## What is required
Once you find the line containing "img out) inode)" in the data below, copy it and each following line exactly, up to and including the line containing "(depth : ℕ)", and nothing else.
☆ ☆ ☆ ☆ ☆ ☆ ☆
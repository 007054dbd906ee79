-- ===== src/Correct/FileBlocks/TreeKept.antt =====
-- The blocks that the directory tree owns stay the same while their bytes and, link counts apart,
-- the inodes do.
use mathlib.Core.Path.{subst}
use mathlib.Core.Option.{some-injective, none-ne-some}
use my_fsck.Base.{
  ℕ, zero, suc, ◌+◌, ◌≤◌, ◌≡◌, refl, ap, ◌∙◌, sym, if◌then◌else◌, List, Bool, true, false, not,
  ◌==◌, ◌&&◌, ◌||◌, [], ◌∷◌, ◌++◌, leb, ltb, leb→le, ltb→lt, Bool-cases, Option-cases, inl, inr,
  Option, some, and-both,
}
use my_fsck.Machine.Memory.{Bytes}
use my_fsck.Machine.State.{Fsck, Image, Inode, Message}
use my_fsck.Disk.{read_bytes}
use my_fsck.Disk.Blocks.{block_address}
use my_fsck.Inode.Read.{inode_at}
use my_fsck.Inode.Update.{with_image}
use my_fsck.Dir.{read_dir_entry_in_block}
use my_fsck.Correct.FileBlocks.{file_blocks, inode_is_lnk, inode_is_reg}
use my_fsck.Correct.FileBlocks.Owned.{file_owned}
use my_fsck.Correct.FileBlocks.Kept.{Each, append-Each, IsKeptIn, file_owned-kept}
use my_fsck.Correct.FileBlocks.Tree.{
  both_lists, both_lists-parts, entries_owned, blocks_owned, tree_owned,
}

-- The inodes 1 to `n` are the same but for link counts.
abbrev pub SameButCounts : ℕ → Fsck → Fsck → Type 0
SameButCounts n s s' =
    (j : ℕ)
    → 1 ≤ j
    → j ≤ n
    → (c : ℕ) × (inode_at s' j ≡ record (inode_at s j) { i_links_count = c })

module _ (s : Fsck) (img : Image) (out : List Message) where
  -- What one walk lists of blocks that are kept, the other lists.
  abbrev pub KeepsList : (ℕ → Option (List ℕ)) → (ℕ → Option (List ℕ)) → Type 0
  KeepsList list list' =
      (i : ℕ) (l : List ℕ) → list i ≡ some l → Each (IsKeptIn s img) l → list' i ≡ some l

  read_bytes-kept :
      (b : ℕ)
      → IsKeptIn s img b
      → read_bytes img (block_address s b) s.block_size s.stray
        ≡ read_bytes s.image (block_address s b) s.block_size s.stray
  read_bytes-kept b h = λ k i. at i k
    where
      at :
          (i : ℕ)
          → read_bytes img (block_address s b) s.block_size s.stray i
            ≡ read_bytes s.image (block_address s b) s.block_size s.stray i
      at i = elim (Bool-cases (ltb i s.block_size)) [
        | inl inside ↦ unfold read_bytes in rw inside (h i (ltb→lt i s.block_size inside))
        | inr past ↦ unfold read_bytes in rw past refl
      ]

  module _ (list list' : ℕ → Option (List ℕ)) (keeps : KeepsList list list') where
    entry-kept :
        (deeper : Bool) (i : ℕ) (l : List ℕ)
        → (if deeper then list i else some []) ≡ some l
        → Each (IsKeptIn s img) l
        → (if deeper then list' i else some []) ≡ some l
    entry-kept true i l e h = keeps i l e h
    entry-kept false i l e h = e

    entries-kept :
        (rounds : ℕ) (first : Bool) (offset count : ℕ) (m : Bytes) (l : List ℕ)
        → entries_owned list s.block_size rounds first offset count m ≡ some l
        → Each (IsKeptIn s img) l
        → entries_owned list' s.block_size rounds first offset count m ≡ some l
    unfolding entries_owned
    entries-kept zero first offset count m l e h = absurd (none-ne-some l e)
    entries-kept (suc rounds) first offset count m l e h =
        elim (Bool-cases (ltb offset s.block_size)) [
          | inr past ↦ rw (past, entries_owned) (rw (past, entries_owned) at e)
          | inl inside ↦ elim (Option-cases (read_dir_entry_in_block m offset)) [
            | inl free ↦ rw (inside, free, entries_owned) (rw (inside, free, entries_owned) at e)
            | inr (entry, used) ↦
                let deeper = not first || leb 2 count in
                let parts =
                  both_lists-parts (if deeper then list entry.inode else some [])
                    (entries_owned list s.block_size rounds first (offset + entry.rec_len)
                      (count + 1) m)
                    l (rw (inside, used, entries_owned) at e) in
                let hs =
                  append-Each (IsKeptIn s img) parts.0 parts.1
                    (subst (Each (IsKeptIn s img)) (sym parts.4) h) in
                rw
                  (
                    inside,
                    used,
                    entries_owned,
                    entry-kept deeper entry.inode parts.0 parts.2 hs.0,
                    entries-kept rounds first (offset + entry.rec_len) (count + 1) m parts.1 parts.3
                        hs.1,
                  )
                  (unfold both_lists in ap some parts.4)
          ]
        ]

    blocks-kept :
        (blocks : List ℕ) (first : Bool) (l : List ℕ)
        → blocks_owned s list first blocks ≡ some l
        → Each (IsKeptIn s img) l
        → blocks_owned (with_image s img out) list' first blocks ≡ some l
    unfolding blocks_owned block_address
    blocks-kept [] first l e h = e
    blocks-kept (b ∷ blocks) first l e h = elim (Bool-cases (b == 0)) [
      | inl end ↦ rw (end, blocks_owned) (rw (end, blocks_owned) at e)
      | inr more ↦
          let block = read_bytes s.image (block_address s b) s.block_size s.stray in
          let own = entries_owned list s.block_size (s.block_size + 1) first 0 0 block in
          let rest = blocks_owned s list false blocks in
          let outer =
            both_lists-parts (some (b ∷ [])) (both_lists own rest) l
              (rw (more, blocks_owned) at e) in
          let inner = both_lists-parts own rest outer.1 outer.3 in
          let whole : b ∷ (inner.0 ++ inner.1) ≡ l =
            ap (λ (bs : List ℕ). b ∷ bs) inner.4
            ∙ ap (λ (bs : List ℕ). bs ++ outer.1) (some-injective (b ∷ []) outer.0 outer.2)
            ∙ outer.4 in
          let hs = subst (Each (IsKeptIn s img)) (sym whole) h in
          let parts = append-Each (IsKeptIn s img) inner.0 inner.1 hs.1 in
          rw
            (
              more,
              blocks_owned,
              read_bytes-kept b hs.0,
              entries-kept (s.block_size + 1) first 0 0 block inner.0 inner.2 parts.0,
              blocks-kept blocks false inner.1 inner.3 parts.1,
            )
            (unfold both_lists in ap some whole)
    ]

  -- Of an inode the walk needs the mode, the size and the pointers.
  counts_only :
      (inode : Inode) (c : ℕ)
      → (inode_is_lnk (record inode { i_links_count = c }) ≡ inode_is_lnk inode)
        × (inode_is_reg (record inode { i_links_count = c }) ≡ inode_is_reg inode)
        × (file_owned (with_image s img out) (record inode { i_links_count = c })
            ≡ file_owned (with_image s img out) inode)
  unfolding inode_is_lnk inode_is_reg file_owned file_blocks
  counts_only inode c = (refl, refl, refl)

  -- x
  pub tree_owned-kept :
      SameButCounts s.super_block.s_inodes_count s (with_image s img out)
      → (depth : ℕ) → KeepsList (tree_owned s depth) (tree_owned (with_image s img out) depth)
  unfolding tree_owned
  tree_owned-kept same zero i l e h = absurd (none-ne-some l e)
  tree_owned-kept same (suc depth) i l e h =
      elim (Bool-cases (leb 1 i && leb i s.super_block.s_inodes_count)) [
        | inr out_of_range ↦ absurd (none-ne-some l (rw (out_of_range, tree_owned) at e))
        | inl range ↦
            let r = and-both (leb 1 i) (leb i s.super_block.s_inodes_count) range in
            let inode = inode_at s i in
            let new = same i (leb→le 1 i r.0) (leb→le i s.super_block.s_inodes_count r.1) in
            let only = counts_only inode new.0 in
            elim (Bool-cases (inode_is_lnk inode)) [
              | inl link ↦
                  rw (range, new.1, only.0, link, tree_owned) (rw (range, link, tree_owned) at e)
              | inr no_link ↦ elim (Bool-cases (inode_is_reg inode)) [
                | inl file ↦
                    rw (range, new.1, only.0, no_link, only.1, file, tree_owned)
                      (only.2
                        ∙ file_owned-kept s img out inode l
                            (rw (range, no_link, file, tree_owned) at e) h)
                | inr dir ↦
                    rw (range, new.1, only.0, no_link, only.1, dir, tree_owned)
                      (blocks-kept (tree_owned s depth) (tree_owned (with_image s img out) depth)
                        (tree_owned-kept same depth) inode.i_block true l
                        (rw (range, no_link, dir, tree_owned) at e) h)
              ]
            ]
      ]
☆ ☆ ☆ ☆ ☆ ☆ ☆
## Written response
            ≡ file_owned (with_image s img out) inode)
  unfolding inode_is_lnk inode_is_reg file_owned file_blocks
  counts_only inode c = (refl, refl, refl)

  -- x
  pub tree_owned-kept :
      SameButCounts s.super_block.s_inodes_count s (with_image s img out)
      → (depth : ℕ) → KeepsList (tree_owned s depth) (tree_owned (with_image s img out) depth)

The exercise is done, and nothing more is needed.